HR, 17-02-2006, nr. C05/016HR
ECLI:NL:PHR:2006:AV0635
- Instantie
Hoge Raad
- Datum
17-02-2006
- Zaaknummer
C05/016HR
- LJN
AV0635
- Vakgebied(en)
Huurrecht (V)
- Brondocumenten en formele relaties
ECLI:NL:HR:2006:AV0635, Uitspraak, Hoge Raad (Civiele kamer), 17‑02‑2006; (Cassatie)
Conclusie: ECLI:NL:PHR:2006:AV0635
ECLI:NL:PHR:2006:AV0635, Conclusie, Hoge Raad (Advocaat-Generaal), 17‑02‑2006
Arrest Hoge Raad: ECLI:NL:HR:2006:AV0635
- Wetingang
art. 81 Wet op de rechterlijke organisatie
art. 81 Wet op de rechterlijke organisatie
- Vindplaatsen
JHV 2006/76 met annotatie van H. Sengers
JHV 2006/76 met annotatie van H. Sengers
Uitspraak 17‑02‑2006
Inhoudsindicatie
Geschil over de opzegging van een huurovereenkomst woonruimte op grond van stelselmatig tekortschieten in de betaling van huurpenningen en ander aan de huurders verweten wangedrag (81 RO).
17 februari 2006
Eerste Kamer
Nr. C05/016HR
RM
Hoge Raad der Nederlanden
Arrest
in de zaak van:
1. [Eiser 1],
2. [Eiseres 2],
beiden wonende te [woonplaats],
EISERS tot cassatie,
advocaat: mr.

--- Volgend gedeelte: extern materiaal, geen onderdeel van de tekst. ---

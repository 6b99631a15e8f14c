-- ===== src/Kernel/Reconcile/Directory.antt =====
-- internal/kernel/reconcile/directory.go: what a complete listing of one directory removes.
pub mod Removals
use index_core.Base.{
  Str, str_eq, contains, has_prefix, path_dir, any, ℕ, ◌+◌, pos, Bool, true, false, ◌&&◌, ◌||◌, not,
  Option, none, some, List, [], ◌∷◌, ◌++◌, map, select, if◌then◌else◌,
}
use index_core.Domain.Enums.{AcceptanceState, is_present}
use index_core.Domain.Entities.{SnapshotEntry}
use index_core.Kernel.Reconcile.Types.{
  Config, PriorResource, deref_str, confirm_removed, Transition, transition, Result,
}
use index_core.Kernel.Reconcile.Paths.{entry_path}
use index_core.Kernel.Reconcile.Run.{emit, reconcile}

abbrev pub is_directory : Option Bool → Bool
is_directory none = false
is_directory (some b) = b

-- A direct child of the scope that no entry is at.
unfoldable pub is_unlisted : Str → List Str → Option Str → Bool
is_unlisted scope paths none = false
is_unlisted scope paths (some p) = str_eq (path_dir p) scope && not (contains paths p)

unfoldable pub is_absent_dir : Str → List Str → List Str → PriorResource → Bool
is_absent_dir scope paths observed p =
    is_present p.resource_presence
    && is_unlisted scope paths p.canonical_path
    && is_directory p.is_dir
    && not (contains observed p.resource_id)

-- `strings.HasPrefix(path, dir+"/")`.
abbrev pub is_under : Option Str → Str → Bool
is_under none dir = false
is_under (some p) dir = has_prefix p (dir ++ b'/' ∷ [])

unfoldable pub absent_dirs : Str → List Str → List Str → List PriorResource → List Str
absent_dirs scope paths observed prior =
    map (λ p. deref_str p.canonical_path) (select (is_absent_dir scope paths observed) prior)

-- What the second loop removes.
unfoldable pub is_absent : Str → List Str → List Str → List Str → PriorResource → Bool
is_absent scope paths observed dirs p =
    is_present p.resource_presence
    && not (contains observed p.resource_id)
    && (is_unlisted scope paths p.canonical_path || any (is_under p.canonical_path) dirs)

abbrev pub mirror_transition : ℕ → Str → PriorResource → Transition
mirror_transition now snapshot_id p = record (transition confirm_removed p.resource_id) {
  prior = some p;
  missing_since = some now;
  consecutive_missing = pos 1;
  missing_first_snapshot_id = some snapshot_id;
  missing_last_snapshot_id = some snapshot_id;
  last_confirmed_generation = p.last_confirmed_generation;
  reason = "source mirror: absent from complete fresh direct-child coverage";
}

abbrev pub remove_resource : ℕ → Str → PriorResource → Result → Result
remove_resource now snapshot_id p res = record (emit (mirror_transition now snapshot_id p) res) {
  counts = record (res.counts) { removed = res.counts.removed + 1 };
  mutates_canonical = true;
}

unfoldable pub remove_absent :
    Str → List Str → List Str → List Str → ℕ → Str → List PriorResource → Result → Result
remove_absent scope paths observed dirs now snapshot_id [] res = res
remove_absent scope paths observed dirs now snapshot_id (p ∷ ps) res =
    remove_absent scope paths observed dirs now snapshot_id ps
      (if is_absent scope paths observed dirs p then remove_resource now snapshot_id p res else res)

abbrev pub observed_ids : Result → List Str
observed_ids res = map (λ o. o.resource_id) res.observations

unfoldable pub reconcile_directory :
    List PriorResource → List SnapshotEntry → Str → Config → ℕ → Str → Result
reconcile_directory prior entries scope cfg now snapshot_id =
    let res = reconcile prior entries AcceptanceState.partial cfg now snapshot_id in
    let paths = map entry_path entries in
    let observed = observed_ids res in
    remove_absent scope paths observed (absent_dirs scope paths observed prior) now snapshot_id
      prior res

P. Garretsen,
t e g e n
[Verweerder],
wonende te [woonplaats],
VERWEERDER in cassatie,
niet verschenen.
1. Het geding in feitelijke instanties
Verweerder in cassatie - verder te noemen: [verweerder] - heeft bij exploot van 20 december 2001 eisers tot cassatie - verder te noemen: [eiser] c.s. - gedagvaard voor de kantonrechter te Maastricht en gevorderd een datum te bepalen waarop de tussen partijen bestaande huurovereenkomsten met betrekking tot de appartementen aan de [a-straat 1-2] te [plaats], zullen eindigen, zulks met veroordeling van [eiser] c.s. het gehuurde alsdan te ontruimen, op straffe van een dwangsom.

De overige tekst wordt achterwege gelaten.